Assigned task: The required result is a copy of each line below in which "release" appears.

Saved data entries:
────────

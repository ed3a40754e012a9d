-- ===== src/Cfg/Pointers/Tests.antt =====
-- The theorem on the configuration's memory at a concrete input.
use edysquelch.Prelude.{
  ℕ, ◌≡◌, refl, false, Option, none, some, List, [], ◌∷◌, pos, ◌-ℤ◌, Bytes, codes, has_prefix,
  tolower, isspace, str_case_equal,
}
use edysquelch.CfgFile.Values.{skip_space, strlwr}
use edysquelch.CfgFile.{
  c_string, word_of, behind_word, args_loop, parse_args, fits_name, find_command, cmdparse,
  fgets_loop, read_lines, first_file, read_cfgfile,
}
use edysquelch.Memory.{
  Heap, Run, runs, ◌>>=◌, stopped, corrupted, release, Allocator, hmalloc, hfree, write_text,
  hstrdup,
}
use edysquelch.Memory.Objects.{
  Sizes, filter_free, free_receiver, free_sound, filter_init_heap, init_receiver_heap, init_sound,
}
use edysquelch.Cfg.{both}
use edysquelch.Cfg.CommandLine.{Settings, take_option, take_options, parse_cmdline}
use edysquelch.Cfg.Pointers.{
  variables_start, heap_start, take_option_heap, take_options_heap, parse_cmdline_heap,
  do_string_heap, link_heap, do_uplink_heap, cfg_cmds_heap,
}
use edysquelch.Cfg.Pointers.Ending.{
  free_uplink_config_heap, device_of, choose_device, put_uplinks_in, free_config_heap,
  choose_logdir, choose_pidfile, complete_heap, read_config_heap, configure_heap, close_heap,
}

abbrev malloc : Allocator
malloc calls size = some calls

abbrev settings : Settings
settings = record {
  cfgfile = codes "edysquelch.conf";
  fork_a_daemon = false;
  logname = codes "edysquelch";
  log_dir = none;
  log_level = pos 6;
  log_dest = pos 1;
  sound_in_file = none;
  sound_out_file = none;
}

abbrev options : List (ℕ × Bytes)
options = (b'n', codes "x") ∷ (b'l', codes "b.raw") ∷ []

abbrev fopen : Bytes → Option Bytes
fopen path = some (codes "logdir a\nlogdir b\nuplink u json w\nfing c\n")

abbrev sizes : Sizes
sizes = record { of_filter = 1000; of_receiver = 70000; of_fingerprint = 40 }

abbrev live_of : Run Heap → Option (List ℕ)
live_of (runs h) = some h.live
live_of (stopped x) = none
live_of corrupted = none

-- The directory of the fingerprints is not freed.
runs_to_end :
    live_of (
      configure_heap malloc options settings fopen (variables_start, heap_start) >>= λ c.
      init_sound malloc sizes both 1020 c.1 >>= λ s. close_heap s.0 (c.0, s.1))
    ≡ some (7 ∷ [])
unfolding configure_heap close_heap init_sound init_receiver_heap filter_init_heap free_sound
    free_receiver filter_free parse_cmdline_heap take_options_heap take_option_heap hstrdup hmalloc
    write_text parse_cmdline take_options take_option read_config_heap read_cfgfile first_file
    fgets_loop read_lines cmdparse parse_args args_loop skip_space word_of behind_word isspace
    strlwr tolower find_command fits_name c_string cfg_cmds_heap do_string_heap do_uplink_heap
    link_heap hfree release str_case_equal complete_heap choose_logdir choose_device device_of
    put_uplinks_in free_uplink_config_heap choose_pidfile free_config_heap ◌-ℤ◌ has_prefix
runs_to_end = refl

────────

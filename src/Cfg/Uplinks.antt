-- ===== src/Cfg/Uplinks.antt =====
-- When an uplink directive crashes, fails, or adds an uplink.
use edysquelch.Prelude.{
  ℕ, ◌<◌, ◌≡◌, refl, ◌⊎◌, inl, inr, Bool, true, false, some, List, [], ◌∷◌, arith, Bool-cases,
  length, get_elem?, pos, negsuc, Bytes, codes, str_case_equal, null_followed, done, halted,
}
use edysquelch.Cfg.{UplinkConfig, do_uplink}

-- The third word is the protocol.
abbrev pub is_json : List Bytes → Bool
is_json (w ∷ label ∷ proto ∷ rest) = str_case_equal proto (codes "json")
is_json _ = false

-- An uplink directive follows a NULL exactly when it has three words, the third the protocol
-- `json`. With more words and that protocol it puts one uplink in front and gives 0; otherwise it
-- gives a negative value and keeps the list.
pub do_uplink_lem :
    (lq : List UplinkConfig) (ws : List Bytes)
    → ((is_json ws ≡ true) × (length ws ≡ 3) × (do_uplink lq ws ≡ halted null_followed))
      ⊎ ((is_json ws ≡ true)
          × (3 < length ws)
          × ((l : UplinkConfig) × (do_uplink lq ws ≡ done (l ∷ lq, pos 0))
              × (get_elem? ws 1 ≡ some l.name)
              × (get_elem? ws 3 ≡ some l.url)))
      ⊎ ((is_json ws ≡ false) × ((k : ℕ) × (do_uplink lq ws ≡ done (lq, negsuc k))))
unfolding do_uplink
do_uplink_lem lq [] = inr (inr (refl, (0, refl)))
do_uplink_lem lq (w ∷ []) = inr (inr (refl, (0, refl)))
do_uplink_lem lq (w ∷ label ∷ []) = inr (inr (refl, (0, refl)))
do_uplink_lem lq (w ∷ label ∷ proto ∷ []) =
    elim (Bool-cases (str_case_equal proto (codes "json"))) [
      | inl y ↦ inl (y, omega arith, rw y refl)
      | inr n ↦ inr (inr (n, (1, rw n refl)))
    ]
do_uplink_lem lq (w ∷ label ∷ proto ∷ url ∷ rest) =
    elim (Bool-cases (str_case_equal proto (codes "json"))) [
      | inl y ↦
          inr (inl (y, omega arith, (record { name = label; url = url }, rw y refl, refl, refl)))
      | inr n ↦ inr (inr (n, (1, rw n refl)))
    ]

────────

Response to the task:
  Heap, Run, runs, ◌>>=◌, stopped, corrupted, release, Allocator, hmalloc, hfree, write_text,
    link_heap hfree release str_case_equal complete_heap choose_logdir choose_device device_of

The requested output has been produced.